Stored dataset items
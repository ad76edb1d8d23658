-- ===== src/Virtio/Interrupt.antt =====
-- `virtio_disk_intr` on the entries that the device has added to its ring.
use cs202_lab.Prelude.{
  ℕ, zero, suc, ◌+◌, ◌%◌, ◌^◌, ◌<◌, ◌≡◌, inl, inr, refl, sym, ap, ◌∙◌, Bool, true, false, not, ◌==◌,
  ◌||◌, Option, none, some, if◌then◌else◌, arith, Bool-cases,
}
use cs202_lab.Virtio.{
  num, Driver, and_then, completed, complete, intr_loop, pending, virtio_disk_intr,
}

-- The entry `k` rounds on: which request it is of, and whether the device reports a failure or the
-- request has no buffer.
abbrev pub entry : Driver → ℕ → ℕ
entry s k = s.used_ring ((s.used_idx + k) % 2 ^ 16 % num)

abbrev pub is_null : Option ℕ → Bool
is_null none = true
is_null (some b) = false

abbrev pub is_broken : Driver → ℕ → Bool
is_broken s id = not (s.status id == 0) || is_null (s.info id)

abbrev pub is_of : ℕ → Option ℕ → Bool
is_of b none = false
is_of b (some c) = b == c

-- Some of the next `n` entries, from the one `k` rounds on, is of buffer `b`.
unfoldable pub completes : ℕ → ℕ → ℕ → Driver → Bool
completes b zero k s = false
completes b (suc n) k s = is_of b (s.info (entry s k)) || completes b n (suc k) s

-- What the interrupt does with `n` entries to go.
abbrev pub Handled : ℕ → ℕ → Driver → Option Driver → Type 0
Handled b n s none = (k : ℕ) × (k < n) × (is_broken s (entry s k) ≡ true)
Handled b n s (some s') =
    ((k : ℕ) → k < n → is_broken s (entry s k) ≡ false)
    × (s'.used_idx ≡ s.used_end)
    × (s'.busy b ≡ (if completes b n 0 s then false else s.busy b))
    × (s'.free ≡ s.free)
    × (s'.desc ≡ s.desc)
    × (s'.info ≡ s.info)

entry_here : (s : Driver) → s.used_idx < 2 ^ 16 → entry s 0 ≡ s.used_ring (s.used_idx % num)
entry_here s lt =
    let at : (s.used_idx + 0) % 2 ^ 16 ≡ s.used_idx = omega arith in
    ap (λ i. s.used_ring (i % num)) at

-- An entry seen from a round later.
entry_next :
    (c k : ℕ) (s : Driver) → s.used_idx < 2 ^ 16 → entry (completed c s) k ≡ entry s (suc k)
entry_next c k s lt =
    let at : ((s.used_idx + 1) % 2 ^ 16 + k) % 2 ^ 16 ≡ (s.used_idx + suc k) % 2 ^ 16 =
      omega arith in
    ap (λ i. s.used_ring (i % num)) at

completes_next :
    (b c n k : ℕ) (s : Driver)
    → s.used_idx < 2 ^ 16
    → completes b n k (completed c s) ≡ completes b n (suc k) s
unfolding completes
completes_next b c zero k s lt = refl
completes_next b c (suc n) k s lt = rw (entry_next c k s lt, completes_next b c n (suc k) s lt) refl

broken_next :
    (c k : ℕ) (s : Driver)
    → s.used_idx < 2 ^ 16
    → is_broken (completed c s) (entry (completed c s) k) ≡ is_broken s (entry s (suc k))
broken_next c k s lt = ap (is_broken s) (entry_next c k s lt)

-- A round that has completed the request of buffer `c`.
round-Handled :
    (b c n : ℕ) (s : Driver) (o : Option Driver)
    → s.used_idx < 2 ^ 16
    → (s.status (entry s 0) == 0) ≡ true
    → s.info (entry s 0) ≡ some c
    → Handled b n (completed c s) o
    → Handled b (suc n) s o
unfolding completes
round-Handled b c n s none lt g i (k, less, bad) =
    (suc k, omega arith, sym (broken_next c k s lt) ∙ bad)
round-Handled b c n s (some s') lt g i (good, at, busy, e, e', e'') = (fine, at, marks, e, e', e'')
  where
    fine : (k : ℕ) → k < suc n → is_broken s (entry s k) ≡ false
    fine zero less = rw (g, i) refl
    fine (suc k) less = sym (broken_next c k s lt) ∙ good k (omega arith)

    marks : s'.busy b ≡ (if completes b (suc n) 0 s then false else s.busy b)
    marks =
        let later = completes_next b c n 0 s lt in
        rw i (
          busy
          ∙ rw later (elim (Bool-cases (b == c)) [
            | inl e ↦
                rw e
                  (elim (Bool-cases (completes b n 1 s)) [ inl h ↦ rw h refl | inr h ↦ rw h refl ])
            | inr e ↦ rw e refl
          ]))

complete-Handled :
    (b n : ℕ) (s : Driver) (good : Bool) (o : Option ℕ)
    → s.used_idx < 2 ^ 16
    → (s.status (entry s 0) == 0) ≡ good
    → s.info (entry s 0) ≡ o
    → ((c : ℕ) → Handled b n (completed c s) (intr_loop n (completed c s)))
    → Handled b (suc n) s (and_then (intr_loop n) (complete s good o))
complete-Handled b n s false o lt g i later = (0, omega arith, rw g refl)
complete-Handled b n s true none lt g i later = (0, omega arith, rw (g, i) refl)
complete-Handled b n s true (some c) lt g i later = round-Handled b c n s _ lt g i (later c)

intr_loop-Handled :
    (b n : ℕ) (s : Driver)
    → s.used_idx < 2 ^ 16
    → s.used_end < 2 ^ 16
    → pending s ≡ n
    → Handled b n s (intr_loop n s)
unfolding intr_loop completes
intr_loop-Handled b zero s lt lt' e =
    let done : (s.used_idx == s.used_end) ≡ true = ground arith in
    rw done ((λ k l. absurd (omega arith)), ground arith, refl, refl, refl, refl)
intr_loop-Handled b (suc n) s lt lt' e =
    let more : (s.used_idx == s.used_end) ≡ false = ground arith in
    let later = λ (c : ℕ). intr_loop-Handled b n (completed c s) (omega arith) lt' (omega arith) in
    rw more (
      rw (entry_here s lt) at (
        complete-Handled b n s (s.status (entry s 0) == 0) (s.info (entry s 0)) lt refl refl later))

-- `virtio_disk_intr`, with both 16-bit counters in range, goes through exactly the entries that the
-- device has added since, in fewer than 2^16 rounds. It panics only at one whose status is not 0, or
-- that belongs to no buffer. Else all of them are good, the driver has caught up with the device, a
-- buffer is done if an entry is of it and as before if none is, and no descriptor has changed.
pub virtio_disk_intr_lem :
    (b : ℕ) (s : Driver)
    → s.used_idx < 2 ^ 16
    → s.used_end < 2 ^ 16
    → Handled b (pending s) s (virtio_disk_intr s)
unfolding virtio_disk_intr
virtio_disk_intr_lem b s lt lt' = intr_loop-Handled b (pending s) s lt lt' refl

Activity
Copy out the data exactly, keeping each line whole.

Finished task
repository ad76edb1d8d23658
-- ===== src/Virtio/Interrupt.antt =====
-- `virtio_disk_intr` on the entries that the device has added to its ring.
use cs202_lab.Prelude.{
  ℕ, zero, suc, ◌+◌, ◌%◌, ◌^◌, ◌<◌, ◌≡◌, inl, inr, refl, sym, ap, ◌∙◌, Bool, true, false, not, ◌==◌,
  ◌||◌, Option, none, some, if◌then◌else◌, arith, Bool-cases,
}
use cs202_lab.Virtio.{
  num, Driver, and_then, completed, complete, intr_loop, pending, virtio_disk_intr,
}

-- The entry `k` rounds on: which request it is of, and whether the device reports a failure or the
-- request has no buffer.
abbrev pub entry : Driver → ℕ → ℕ
entry s k = s.used_ring ((s.used_idx + k) % 2 ^ 16 % num)

abbrev pub is_null : Option ℕ → Bool
is_null none = true
is_null (some b) = false

abbrev pub is_broken : Driver → ℕ → Bool
is_broken s id = not (s.status id == 0) || is_null (s.info id)

abbrev pub is_of : ℕ → Option ℕ → Bool
is_of b none = false
is_of b (some c) = b == c

-- Some of the next `n` entries, from the one `k` rounds on, is of buffer `b`.
unfoldable pub completes : ℕ → ℕ → ℕ → Driver → Bool
completes b zero k s = false
completes b (suc n) k s = is_of b (s.info (entry s k)) || completes b n (suc k) s

-- What the interrupt does with `n` entries to go.
abbrev pub Handled : ℕ → ℕ → Driver → Option Driver → Type 0
Handled b n s none = (k : ℕ) × (k < n) × (is_broken s (entry s k) ≡ true)
Handled b n s (some s') =
    ((k : ℕ) → k < n → is_broken s (entry s k) ≡ false)
    × (s'.used_idx ≡ s.used_end)
    × (s'.busy b ≡ (if completes b n 0 s then false else s.busy b))
    × (s'.free ≡ s.free)
    × (s'.desc ≡ s.desc)
    × (s'.info ≡ s.info)

entry_here : (s : Driver) → s.used_idx < 2 ^ 16 → entry s 0 ≡ s.used_ring (s.used_idx % num)
entry_here s lt =
    let at : (s.used_idx + 0) % 2 ^ 16 ≡ s.used_idx = omega arith in
    ap (λ i. s.used_ring (i % num)) at

-- An entry seen from a round later.
entry_next :
    (c k : ℕ) (s : Driver) → s.used_idx < 2 ^ 16 → entry (completed c s) k ≡ entry s (suc k)
entry_next c k s lt =
    let at : ((s.used_idx + 1) % 2 ^ 16 + k) % 2 ^ 16 ≡ (s.used_idx + suc k) % 2 ^ 16 =
      omega arith in
    ap (λ i. s.used_ring (i % num)) at

completes_next :
    (b c n k : ℕ) (s : Driver)
    → s.used_idx < 2 ^ 16
    → completes b n k (completed c s) ≡ completes b n (suc k) s
unfolding completes
completes_next b c zero k s lt = refl
completes_next b c (suc n) k s lt = rw (entry_next c k s lt, completes_next b c n (suc k) s lt) refl

broken_next :
    (c k : ℕ) (s : Driver)
    → s.used_idx < 2 ^ 16
    → is_broken (completed c s) (entry (completed c s) k) ≡ is_broken s (entry s (suc k))
broken_next c k s lt = ap (is_broken s) (entry_next c k s lt)

-- A round that has completed the request of buffer `c`.
round-Handled :
    (b c n : ℕ) (s : Driver) (o : Option Driver)
    → s.used_idx < 2 ^ 16
    → (s.status (entry s 0) == 0) ≡ true
    → s.info (entry s 0) ≡ some c
    → Handled b n (completed c s) o
    → Handled b (suc n) s o
unfolding completes
round-Handled b c n s none lt g i (k, less, bad) =
    (suc k, omega arith, sym (broken_next c k s lt) ∙ bad)
round-Handled b c n s (some s') lt g i (good, at, busy, e, e', e'') = (fine, at, marks, e, e', e'')
  where
    fine : (k : ℕ) → k < suc n → is_broken s (entry s k) ≡ false
    fine zero less = rw (g, i) refl
    fine (suc k) less = sym (broken_next c k s lt) ∙ good k (omega arith)

    marks : s'.busy b ≡ (if completes b (suc n) 0 s then false else s.busy b)
    marks =
        let later = completes_next b c n 0 s lt in
        rw i (
          busy
          ∙ rw later (elim (Bool-cases (b == c)) [
            | inl e ↦
                rw e
                  (elim (Bool-cases (completes b n 1 s)) [ inl h ↦ rw h refl | inr h ↦ rw h refl ])
            | inr e ↦ rw e refl
          ]))

complete-Handled :
    (b n : ℕ) (s : Driver) (good : Bool) (o : Option ℕ)
    → s.used_idx < 2 ^ 16
    → (s.status (entry s 0) == 0) ≡ good
    → s.info (entry s 0) ≡ o
    → ((c : ℕ) → Handled b n (completed c s) (intr_loop n (completed c s)))
    → Handled b (suc n) s (and_then (intr_loop n) (complete s good o))
complete-Handled b n s false o lt g i later = (0, omega arith, rw g refl)
complete-Handled b n s true none lt g i later = (0, omega arith, rw (g, i) refl)
complete-Handled b n s true (some c) lt g i later = round-Handled b c n s _ lt g i (later c)

intr_loop-Handled :
    (b n : ℕ) (s : Driver)
    → s.used_idx < 2 ^ 16
    → s.used_end < 2 ^ 16
    → pending s ≡ n
    → Handled b n s (intr_loop n s)
unfolding intr_loop completes
intr_loop-Handled b zero s lt lt' e =
    let done : (s.used_idx == s.used_end) ≡ true = ground arith in
    rw done ((λ k l. absurd (omega arith)), ground arith, refl, refl, refl, refl)
intr_loop-Handled b (suc n) s lt lt' e =
    let more : (s.used_idx == s.used_end) ≡ false = ground arith in
    let later = λ (c : ℕ). intr_loop-Handled b n (completed c s) (omega arith) lt' (omega arith) in
    rw more (
      rw (entry_here s lt) at (
        complete-Handled b n s (s.status (entry s 0) == 0) (s.info (entry s 0)) lt refl refl later))

-- `virtio_disk_intr`, with both 16-bit counters in range, goes through exactly the entries that the
-- device has added since, in fewer than 2^16 rounds. It panics only at one whose status is not 0, or
-- that belongs to no buffer. Else all of them are good, the driver has caught up with the device, a
-- buffer is done if an entry is of it and as before if none is, and no descriptor has changed.
pub virtio_disk_intr_lem :
    (b : ℕ) (s : Driver)
    → s.used_idx < 2 ^ 16
    → s.used_end < 2 ^ 16
    → Handled b (pending s) s (virtio_disk_intr s)
unfolding virtio_disk_intr
virtio_disk_intr_lem b s lt lt' = intr_loop-Handled b (pending s) s lt lt' refl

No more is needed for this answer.